Reception and assembly camps were built, a search point and interrogation centre set up, and white, grey, and black camps constructed to house the Japanese according to their past character and record. The camp was to be ready to deal with up to two thousand Japanese a day. Timber for the camp was obtained by our starting a local steam-driven sawmill. As all the owners and the managers lived in fear of the terrorists, a Sapper officer ran the mill directly through an English-speaking Chinese clerk. The twenty-five sawyers cut six tons of planking a day, and the logs were hauled by lorries from the nearby forest. In this, parties of Japanese under British or Indian N.C.O.s. were made to help.
Then bricks were needed for the camp, and the adjoining brick kilns and clay pits were reopened. Local labour was extremely difficult. The inflationary price of rice and the general fear of working for less money than the high wages dictated by terrorists-caused strikes. One afternoon the whole village population of Kluang marched in procession with banners flying. No Chinese owner dared to show his face. and several were abducted and killed.

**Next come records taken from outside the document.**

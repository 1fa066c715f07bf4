-- ===== src/Tests/Outer.antt =====
-- The mock, the registration of a worker node and the command-line client on concrete inputs.
use correctness_bench.Common.{
  ℕ, zero, suc, ◌+◌, ◌-◌, ◌*◌, ◌<◌, ◌≤◌, ◌≡◌, refl, not, ◌&&◌, ◌||◌, none, some, List, [], ◌∷◌, map,
  Bytes, arith, ltb, ◌==◌, any, codes, length, take, drop, replicate, if◌then◌else◌, lookup,
}
use correctness_bench.Float.{whole}
use correctness_bench.Float.Fixed.{Fixed, fixed_float}
use correctness_bench.Coordinator.{RegisterAck, worker_of}
use correctness_bench.Coordinator as Coordinator
use correctness_bench.Worker.Connection.{ParsedResponse}
use correctness_bench.Worker.Reader.{Head, HttpParser, ParseOutcome, attempt}
use correctness_bench.Worker.Assert.{classify}
use correctness_bench.Mock.Response.{Response, respond, sent, is_ratelimit, attempt-tier_of}
use correctness_bench.Mock.{handle, unused, Params, is_injected, inject, decide, slow_ok, ratelimit}
use correctness_bench.Mock.Judged.{tier_of, json_rules}
use correctness_bench.Mock.Handled.{served, times, handle-recent}
use correctness_bench.Mock.Meter.{recent}
use correctness_bench.Mock.Race.{load, act_all, tally, is_done}
use correctness_bench.Mock.Race.Finish.{turns, act_all_recorded}
use correctness_bench.Registration
use correctness_bench.Registration.{
  Attempt, unreachable, answered, Outcome, info_of, register_with_coordinator, reregister,
  reregister_at,
}
use correctness_bench.Registration.Backoff.{
  waits, total, outcome_of, entry_after, is_complete, register_with_coordinator_total,
  register_with_coordinator_answered,
}
use correctness_bench.Registration.Fleet.{scan_all, reregister-scan_all}
use correctness_bench.Worker.Assert.{pass}
use correctness_bench.Client.{
  Tick, Decoders, no_ticks, chunk, subscribed, stream_ticks, exit_code, reply, stream_over, run,
}
use correctness_bench.Client.Sse.Framing.{Message, payload, stream_of}
use correctness_bench.Client.Totals.{last_of}
use correctness_bench.Client.Exit.{is_created, is_decoded, is_interrupted, run_named, exit_code-run}
use correctness_bench.Client.Received.{stream_ticks-messages}

-- a tick whose number is the length of its text
abbrev tick_of : Bytes → Tick Fixed
tick_of text = record {
  elapsed_s = length text;
  achieved_rps_1s = 0;
  completed_total = 10;
  pass_total = 9;
  fail_status_total = 1;
  this_tick = record {
    total = 10;
    pass = 9;
    fail_status = 1;
    fail_latency = 0;
    fail_size = 0;
    fail_content_type = 0;
  };
  percentiles_so_far = record { p50_us = 1000; p99_us = 2000 };
}

abbrev decoders : Decoders Fixed
decoders = record { tick_of = λ text. some (tick_of text); from_utf8_lossy = λ b. b }

abbrev two_messages : List Message
two_messages =
    record { id = codes "1"; rest = codes "\"a\":1}" }
    ∷ record { id = codes "2"; rest = codes "}" }
    ∷ []

-- cut inside the first message
abbrev two_chunks : List Bytes
two_chunks = let text = stream_of (codes "r") two_messages in take 40 text ∷ drop 40 text ∷ []

stream_ticks-messages_example :
    let a = (stream_ticks decoders (subscribed 200 (map chunk two_chunks)) no_ticks).0 in
    (a.received ≡ length two_messages)
    × (a.last ≡ last_of none (map (λ m. tick_of (payload m)) two_messages))
stream_ticks-messages_example =
    stream_ticks-messages decoders (codes "r") two_messages (λ m. tick_of (payload m)) two_chunks
      200 refl refl
      (
        record { id_plain = refl; id_no_cr = refl; rest_plain = refl; rest_no_cr = refl },
        (record { id_plain = refl; id_no_cr = refl; rest_plain = refl; rest_no_cr = refl }, tt),
      )
      (refl, (refl, tt)) (omega arith) refl (refl, (refl, tt)) refl

exit_code-run_example :
    let created = reply 201 (some (codes "r")) in
    let sub = subscribed 200 (map chunk two_chunks) in
    let received = (stream_ticks decoders sub no_ticks).0.received in
    let r = run decoders created sub stream_over in
    (exit_code r.0 ≡ (
      if not (is_created created)
      then 2
      else if not (is_decoded created) || is_interrupted stream_over || (received == 0)
      then 1
      else 0))
    × (r.1 ≡ (if is_created created && is_interrupted stream_over then run_named created else none))
exit_code-run_example =
    exit_code-run decoders (reply 201 (some (codes "r"))) (subscribed 200 (map chunk two_chunks))
      stream_over

-- the third call is answered
abbrev third : ℕ → Attempt
third n = if n == 3 then answered 700_000 else unreachable

register_with_coordinator_total_example :
    let (sleeps, outcome) =
      (register_with_coordinator third (info_of "w" "h:1" 0) Coordinator.new).1 in
    ((o : Outcome) × (outcome ≡ some o)) × (length sleeps ≤ 29) × (total sleeps ≤ 126_200)
register_with_coordinator_total_example =
    register_with_coordinator_total third (info_of "w" "h:1" 0) Coordinator.new

register_with_coordinator_answered_example :
    let r = register_with_coordinator third (info_of "w" "h:1" 0) Coordinator.new in
    (r.1 ≡ (waits 0 2, some (outcome_of "w" "h:1")))
    × (lookup "w" r.0.workers
        ≡ entry_after "w" "h:1" 0 700_000 (lookup "w" Coordinator.new.workers))
    × ((Registration.main third (info_of "w" "h:1" 0) Coordinator.new).1 ≡ is_complete "w" "h:1")
register_with_coordinator_answered_example =
    register_with_coordinator_answered "w" "h:1" 0 2 700_000 third Coordinator.new (omega arith)
      (λ j low high. ground arith) refl

reregister-scan_all_example :
    let info = info_of "w" "h:1" 0 in
    let t = reregister_at 0 0 in
    (lookup "w" (scan_all (14_000_000 ∷ []) (reregister (answered t) info Coordinator.new)).workers
      ≡ (if any (λ now. ltb 3_000_000 (now - t)) (14_000_000 ∷ [])
          then none
          else some (worker_of t info)))
    × (reregister_at 0 1 ≡ t + 3_000_000 + 7_000_000)
unfolding Coordinator.new
reregister-scan_all_example =
    reregister-scan_all "w" "h:1" 0 0 0 (14_000_000 ∷ []) Coordinator.new tt refl

abbrev slow : Params Fixed
slow = record { mode = slow_ok; cliff_rps = whole 100; pct = whole 50; base_latency_ms = 20 }

abbrev before : List (ℕ × Params Fixed)
before = (1910, slow) ∷ (1840, slow) ∷ (950, slow) ∷ (40, slow) ∷ []

handle-recent_example :
    (handle 1950 slow (served before)).1
    ≡ decide slow (fixed_float.of_u64 (recent 1950 (1950 ∷ times before))) (length before)
handle-recent_example =
    handle-recent 1950 slow before (omega arith, (omega arith, (omega arith, (omega arith, tt))))
      (omega arith) (omega arith)

-- the first thread claims the bucket while the second one has loaded its old slot
abbrev interleaved : List ℕ
interleaved = 0 ∷ 1 ∷ 0 ∷ 1 ∷ 1 ∷ 0 ∷ 1 ∷ 0 ∷ []

fair : (j : ℕ) → j < 2 → 4 ≤ turns j interleaved
fair zero h = omega arith
fair (suc zero) h = omega arith
fair (suc (suc j)) h = absurd (omega arith)

act_all_recorded_example :
    let r = act_all 19 interleaved unused (replicate 2 load) in
    (tally is_done r.1 ≡ 2) × (r.0.slot ≡ 19) × (1 ≤ r.0.count) × (r.0.count ≤ 2)
act_all_recorded_example =
    act_all_recorded 19 2 unused interleaved (λ e. ground (arith, e)) (omega arith) (omega arith)
      fair

-- an injected 429, after a head of three bytes
abbrev limited : Params Fixed
limited = record slow { mode = ratelimit }

abbrev limited_response : Response
limited_response = respond {F = Fixed} ratelimit (whole 150) (decide limited (whole 150) 7)

-- the server adds the date
abbrev limited_headers : List (Bytes × Bytes)
limited_headers = (codes "date", codes "Thu, 01 Jan 2026 00:00:00 GMT") ∷ sent limited_response

abbrev head_of_three : HttpParser
head_of_three = record {
  parse = λ buf. Head.complete 3 (some limited_response.status) limited_headers;
}

abbrev limited_bytes : Bytes
limited_bytes = 0 ∷ 0 ∷ 0 ∷ codes limited_response.body

attempt-tier_of_example :
    let injected = is_injected limited (whole 150) 7 in
    (parsed : ParsedResponse) × (attempt head_of_three limited_bytes ≡ ParseOutcome.complete parsed)
    × (parsed.msg_len ≡ length limited_bytes)
    × (classify
          (json_rules 200_000 42)
          parsed.status
          ((decide limited (whole 150) 7).latency_ms * 1000 + 900)
          parsed.content_length
          parsed.content_type_lc
        ≡ (if injected then tier_of ratelimit else pass))
    × (parsed.retry_after_ms ≡ (if injected && is_ratelimit ratelimit then some 1000 else none))
unfolding decide respond inject
attempt-tier_of_example =
    attempt-tier_of head_of_three limited (whole 150) 7 3 200_000 42 900 limited_headers
      limited_bytes refl refl refl (omega arith) (omega arith) (omega arith) (omega arith)
      (omega arith) (omega arith)
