-- ===== src/Tests/Whole.antt =====
-- Whole programs on concrete inputs: a run that is cancelled, its report, and the admin endpoint.
use correctness_bench.Common.{
  ◌+◌, ◌-◌, ◌≡◌, refl, true, false, none, some, List, [], ◌∷◌, map, String, Bytes, arith, ltb, any,
  is_empty, if◌then◌else◌,
}
use correctness_bench.Float.{Float, whole}
use correctness_bench.Float.Fixed.{Fixed, fixed_float}
use correctness_bench.Hist.Listed.{Listed, listed_hdr}
use correctness_bench.Sched
use correctness_bench.Sched.{usec_to_next_send, intended_send_time, slot}
use correctness_bench.Worker.Assert.{classify, from_spec}
use correctness_bench.Worker.Counters.{fresh}
use correctness_bench.Worker.Connection.{wait_for, count_verdict, sample_response}
use correctness_bench.Worker.Turn.{checked}
use correctness_bench.Worker.Run.{
  Happening, enters, turns, cancelled, happen_all, start, config_of, report,
}
use correctness_bench.Worker.Run.Books.{result}
use correctness_bench.EngineWorker.Local.{pass_rate}
use correctness_bench.EngineWorker.Local.Denominator.{judged, world_after, pass_rate-judged}
use correctness_bench.Coordinator.{CoordinatorState, list_workers, is_run_active}
use correctness_bench.Coordinator as Coordinator
use correctness_bench.Coordinator.Dispatch.{Meanwhile, dispatch_with_ticks}
use correctness_bench.Coordinator.Admin.Runs.{RunRequest, spec_of, run_endpoint}
use correctness_bench.Coordinator.Admin.Runs.Answers.{is_unavailable, Serves, run_endpoint-Serves}
use correctness_bench.Registration.{answered, info_of, reregister}
use correctness_bench.Registration.Fleet.{scan_all}
use correctness_bench.Registration.Alone.{run_endpoint-scan_all}
use correctness_bench.Tests.Data.{spec, a_turn}

abbrev history : List Happening
history = enters 1 ∷ turns 1 a_turn ∷ enters 0 ∷ cancelled ∷ enters 1 ∷ []

few :
    judged (world_after Listed spec (true ∷ true ∷ []) history).shared.counters
      + (world_after Listed spec (true ∷ true ∷ []) history).shared.counters.rate_limited
    ≡ 1
unfolding happen_all start checked fresh config_of wait_for usec_to_next_send intended_send_time
    Sched.new slot count_verdict classify from_spec sample_response
few = refl

pass_rate-judged_example :
    let w = world_after Listed spec (true ∷ true ∷ []) history in
    let c = w.shared.counters in
    pass_rate (report spec 5_000_000_000 w (map result w.tasks)) ≡ (
      if ltb 0 (judged c)
      then Float.mul fixed_float
          (Float.div fixed_float
            (Float.of_u64 fixed_float c.pass)
            (Float.of_u64 fixed_float (judged c)))
          (whole 100)
      else whole 0)
pass_rate-judged_example =
    pass_rate-judged Listed spec (true ∷ true ∷ []) history 5_000_000_000 (omega (arith, few))

abbrev request : RunRequest Fixed
request = record {
  run_id = "run";
  target_url = "http://t/";
  target_method = none;
  target_rps = whole 100;
  duration_s = 30;
  connections = none;
  keepalive = none;
  timeout_ms = none;
  expected_status = none;
  target_headers = none;
  epoch_unix_us = none;
  max_latency_us = none;
  min_body_bytes = none;
  max_body_bytes = none;
  content_type = none;
  control_tick_url = none;
  control_finalize_url = some "http://control/finalize";
}

abbrev meanwhile : Meanwhile Fixed
meanwhile = record { results = λ a. []; state = λ s. s }

-- an encoder of base64 that forgets its input
abbrev encode : Bytes → String
encode bytes = "b64"

abbrev joined : CoordinatorState
joined = reregister (answered 1_000_000) (info_of "w" "h:1" 0) Coordinator.new

run_endpoint-Serves_example :
    let r = run_endpoint encode 5 7 meanwhile [] request joined in
    (is_unavailable r.1.answer ≡ is_empty (list_workers joined))
    × Serves request (dispatch_with_ticks 5 7 meanwhile (spec_of request) joined).1 r.1
    × (is_run_active "run" r.0
        ≡ (if is_empty (list_workers joined) then is_run_active "run" joined else false))
run_endpoint-Serves_example = run_endpoint-Serves encode 5 7 meanwhile [] request joined

run_endpoint-scan_all_example :
    let state = scan_all (2_000_000 ∷ 4_500_000 ∷ []) joined in
    is_unavailable (run_endpoint encode 5 7 meanwhile [] request state).1.answer
    ≡ any (λ n. ltb 3_000_000 (n - 1_000_000)) (2_000_000 ∷ 4_500_000 ∷ [])
run_endpoint-scan_all_example =
    run_endpoint-scan_all "w" "h:1" 0 1_000_000 (2_000_000 ∷ 4_500_000 ∷ []) encode 5 7 meanwhile []
      request refl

On October 8 the first Japanese party arrived in the camp. The Japanese officers, who had been allowed a certain amount of kit over that permitted to other ranks, had grossly exceeded their allowance. This extra baggage, which largely comprised silks and clothing, was removed and placed under guard. And the Japanese liaison colonel was told that, as a result, officers' kit would in future be the same as that of other ranks.
By the end of the month nearly 100,000 Japanese troops had passed through the Kluang reception and evacuation camps.